Every line below that holds the string "overwrite" should be copied.
[Opening INFORMATION SHOWN section]
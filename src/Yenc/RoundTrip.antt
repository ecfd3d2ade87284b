-- ===== src/Yenc/RoundTrip.antt =====
-- What the encoder of src/nksrv/lib/utils/yenc/enc.go writes, read by the decoder of dec.go.
pub mod Lines
use nksrv.Base.{
  ℕ, zero, leb, length-map, suc, ◌+◌, ◌*◌, ◌-◌, ◌≤◌, ◌<◌, ◌≡◌, refl, sym, ap, ◌∙◌, Bool, true,
  false, List, [], ◌∷◌, ◌++◌, Option, none, some, Bytes, map, ◌==◌, if◌then◌else◌, length, take,
  drop, append_assoc, append-nil, length-append, All, arith, Bool-cases, inl, inr,
}
use nksrv.BufReader.{at_end}
use nksrv.BufReader.Stream.{Item, byte}
use nksrv.BufReader.Until.{found, broken}
use nksrv.BufReader.Until.Items.{Upto, upto}
use nksrv.Sink.{Sink, Collects}
use nksrv.Yenc.Encoder.{
  line_length, encode_byte, YEncoder, Result, returned, panicked, crlf, new_encoder,
}
use nksrv.Yenc.Stream.{stream, same, encode_all, join, Returns, encode_all-stream}
use nksrv.Yenc.Decoder.{
  line_size, YDecoder, DecodeErr, new_decoder, of_reader, strip, decode_loop, is_keyword, overwrite,
  decode_line, fetch_line, fetch, left, WriteToResult, write_to_loop, write_to,
}
use nksrv.Yenc.RoundTrip.Lines.{
  cut, length-encode_byte, IsCut, IsBytes, IsCut-cut, stream-cut, keyword-cut, plain-cut, upto-line,
  strip-end,
}

-- A line is handed out whole.
left-overwrite : (p line : Bytes) → take (length p) (p ++ line) ≡ p
left-overwrite [] line = refl
left-overwrite (c ∷ p) line = ap (λ t. c ∷ t) (left-overwrite p line)

-- The decoder behind a `fetch` of the first line.
abbrev fetched : YDecoder → ℕ → Bytes → YDecoder
fetched d c b =
    let t = cut 0 (c ∷ b) in
    record {
      br = map byte (stream 0 t.after);
      line = overwrite t.plain (overwrite (t.text ++ crlf) d.line);
      linex = 0;
      linelen = length t.plain;
    }

fetch-cut :
    (d : YDecoder) (c : ℕ) (b : Bytes)
    → IsBytes (c ∷ b)
    → d.br ≡ map byte (stream 0 (c ∷ b))
    → fetch d ≡ (fetched d c b, none)
unfolding fetch
fetch-cut d c b i h =
    let t = cut 0 (c ∷ b) in
    let ok = IsCut-cut 0 (c ∷ b) (omega arith) i in
    let s : strip b'\r' (strip b'\n' (t.text ++ crlf)) ≡ t.text =
      ap (λ x. strip b'\r' (strip b'\n' x)) (sym (append_assoc t.text (b'\r' ∷ []) (b'\n' ∷ [])))
      ∙ ap (strip b'\r') (strip-end b'\n' (t.text ++ b'\r' ∷ []))
      ∙ strip-end b'\r' t.text in
    let k : is_keyword (overwrite (t.text ++ crlf) d.line) ≡ false =
      ap is_keyword (append_assoc t.text crlf _) ∙ keyword-cut 0 c b _ in
    let u : upto line_size b'\n' d.br
        ≡ record { bytes = t.text ++ crlf; how = found; rest = map byte (stream 0 t.after) } =
      ap (upto line_size b'\n') (h ∙ ap (map byte) (stream-cut 0 (c ∷ b) (omega arith)))
      ∙ upto-line line_size t.text (stream 0 t.after) ok.is_text (omega (arith, ok.short)) in
    rw u (rw (k, s, ok.decodes) refl)

-- At the end of the input nothing is decoded.
fetch-end :
    (d : YDecoder)
    → d.br ≡ []
    → d.linex ≡ d.linelen
    → ((fetch d).0.linex ≡ (fetch d).0.linelen) × ((fetch d).1 ≡ some (of_reader at_end))
unfolding fetch upto
fetch-end d h e = elim (Bool-cases (is_keyword d.line)) [
  | inl k ↦ rw h (rw k (e, refl))
  | inr k ↦ rw h (rw k (refl, refl))
]

stream-empty : map byte (stream 0 []) ≡ []
unfolding stream
stream-empty = refl

module _ (T : Sink) (D : Collects T) where
  -- `WriteTo` ends without an error, and so much is written.
  abbrev pub Decodes : Bytes → Option (WriteToResult T) → Type 0
  Decodes out none = ⊥
  Decodes out (some r) = (r.err ≡ none) × (D.taken r.w ≡ out)

  round-fetch :
      (fuel n : ℕ) (d : YDecoder) (w : T.State)
      → d.linex ≡ d.linelen
      → write_to_loop T (suc fuel) d n none w ≡ write_to_loop T fuel (fetch d).0 n (fetch d).1 w
  unfolding write_to_loop
  round-fetch fuel n d w e =
      let s : (d.linex == d.linelen) ≡ true = ground arith in rw (write_to_loop, s) refl

  Decodes-end :
      (fuel n : ℕ) (t : YDecoder × Option DecodeErr) (w : T.State)
      → t.0.linex ≡ t.0.linelen
      → t.1 ≡ some (of_reader at_end)
      → Decodes (D.taken w) (write_to_loop T (suc fuel) t.0 n t.1 w)
  unfolding write_to_loop
  Decodes-end fuel n t w e h =
      let s : (t.0.linex == t.0.linelen) ≡ true = ground arith in
      rw (write_to_loop, s, h) (refl, refl)

  round-write :
      (fuel n : ℕ) (d : YDecoder) (w : T.State)
      → (d.linex == d.linelen) ≡ false
      → write_to_loop T (suc fuel) d n none w
        ≡ write_to_loop T fuel
            (record d { linex = d.linex + length (left d) })
            (n + length (left d))
            none
            (T.write (left d) w).sink
  unfolding write_to_loop
  round-write fuel n d w e = rw (write_to_loop, e, D.no_err (left d) w, D.count (left d) w) refl

  Decodes-loop :
      (fuel : ℕ) (b : Bytes) (d : YDecoder) (n : ℕ) (w : T.State)
      → IsBytes b
      → d.br ≡ map byte (stream 0 b)
      → d.linex ≡ d.linelen
      → 2 * length b + 2 ≤ fuel
      → Decodes (D.taken w ++ b) (write_to_loop T fuel d n none w)
  Decodes-loop zero b d n w i h e f = absurd (omega arith)
  Decodes-loop (suc zero) b d n w i h e f = absurd (omega arith)
  Decodes-loop (suc (suc fuel)) [] d n w i h e f =
      let t = fetch-end d (h ∙ stream-empty) e in
      rw (round-fetch (suc fuel) n d w e, append-nil (D.taken w))
        (Decodes-end fuel n (fetch d) w t.0 t.1)
  Decodes-loop (suc (suc fuel)) (c ∷ b) d n w i h e f =
      let t = cut 0 (c ∷ b) in
      let ok = IsCut-cut 0 (c ∷ b) (omega arith) i in
      let d' = fetched d c b in
      let l : left d' ≡ t.plain =
        ap (λ k. take k (t.plain ++ drop (length t.plain) (overwrite (t.text ++ crlf) d.line)))
          (omega arith)
        ∙ left-overwrite t.plain (drop (length t.plain) (overwrite (t.text ++ crlf) d.line)) in
      let pos = plain-cut 0 c b in
      let len = length-append {0} t.plain t.after in
      let r =
        Decodes-loop fuel t.after (record d' { linex = 0 + length (left d') })
          (n + length (left d')) (T.write (left d') w).sink ok.bytes_after refl
          (omega (arith, ap length l)) (omega (arith, pos, len, ap length ok.parts)) in
      let q : D.taken (T.write (left d') w).sink ++ t.after ≡ D.taken w ++ c ∷ b =
        ap (λ x. x ++ t.after) (D.appends (left d') w ∙ ap (λ x. D.taken w ++ x) l)
        ∙ append_assoc (D.taken w) t.plain t.after
        ∙ ap (λ x. D.taken w ++ x) ok.parts in
      rw
        (
          round-fetch (suc fuel) n d w e,
          fetch-cut d c b i h,
          round-write fuel n d' w (ground arith),
        )
        (rw q at r)

length-stream : (k : ℕ) (b : Bytes) → length b ≤ length (stream k b)
unfolding stream
length-stream k [] = omega arith
length-stream k (c ∷ b) =
    let e = encode_byte k c in
    let l = length-encode_byte k c in
    elim (Bool-cases (leb line_length (k + length e))) [
      | inl f ↦ rw f (
          omega (
            arith,
            l.1,
            length-stream 0 b,
            length-append {0} (e ++ crlf) (stream 0 b),
            length-append {0} e crlf,
          ))
      | inr f ↦ rw f (
          omega (
            arith,
            l.1,
            length-stream (k + length e) b,
            length-append {0} e (stream (k + length e) b),
          ))
    ]

module _ (S : Sink) (C : Collects S) (T : Sink) (D : Collects T) where
  -- The encoder returns without an error, and `WriteTo` of a decoder on what it wrote ends without an error, and
  -- writes these bytes.
  abbrev pub RoundTrips : Bytes → T.State → Result S → Type 0
  RoundTrips b t =
      Returns S C
        λ e. Decodes T D (D.taken t ++ b) (write_to T (new_decoder (map byte (C.taken e.w))) t)

  Returns-map :
      (P Q : YEncoder S → Type 0) (res : Result S)
      → ((e : YEncoder S) → P e → Q e)
      → Returns S C P res
      → Returns S C Q res
  Returns-map P Q (returned n none e) f h = f e h
  Returns-map P Q (returned n (some err) e) f h = h
  Returns-map P Q (panicked e) f h = h

  decode_encoded :
      (b out : Bytes) (t : T.State)
      → IsBytes b
      → out ≡ stream 0 b
      → Decodes T D (D.taken t ++ b) (write_to T (new_decoder (map byte out)) t)
  unfolding write_to
  decode_encoded b out t i h =
      Decodes-loop T D _ b (new_decoder (map byte out)) 0 t i (ap (map byte) h) refl
        (omega (arith, length-stream 0 b, ap length h, length-map {0, 0} out byte))

  -- Bytes that are given to `Write` in any blocks, with `Close` behind them, are what `WriteTo` of the decoder gives,
  -- if the writers of both take all and do not fail, and the encoder's had taken nothing before.
  pub write_to-encode_all :
      (bs : List Bytes) (w : S.State) (t : T.State)
      → IsBytes (join bs)
      → C.taken w ≡ []
      → RoundTrips (join bs) t (encode_all S bs (new_encoder S w))
  write_to-encode_all bs w t i h =
      Returns-map _ _ (encode_all S bs (new_encoder S w))
        (λ e r.
          decode_encoded (join bs) (C.taken e.w) t i
            (r.taken ∙ ap (λ x. x ++ stream 0 (join bs)) h))
        (encode_all-stream S C bs w)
[Closing INFORMATION SHOWN section]
## ANSWER TO THIS PROBLEM
  line_size, YDecoder, DecodeErr, new_decoder, of_reader, strip, decode_loop, is_keyword, overwrite,
left-overwrite : (p line : Bytes) → take (length p) (p ++ line) ≡ p
left-overwrite [] line = refl
left-overwrite (c ∷ p) line = ap (λ t. c ∷ t) (left-overwrite p line)
      line = overwrite t.plain (overwrite (t.text ++ crlf) d.line);
    let k : is_keyword (overwrite (t.text ++ crlf) d.line) ≡ false =
        ap (λ k. take k (t.plain ++ drop (length t.plain) (overwrite (t.text ++ crlf) d.line)))
        ∙ left-overwrite t.plain (drop (length t.plain) (overwrite (t.text ++ crlf) d.line)) in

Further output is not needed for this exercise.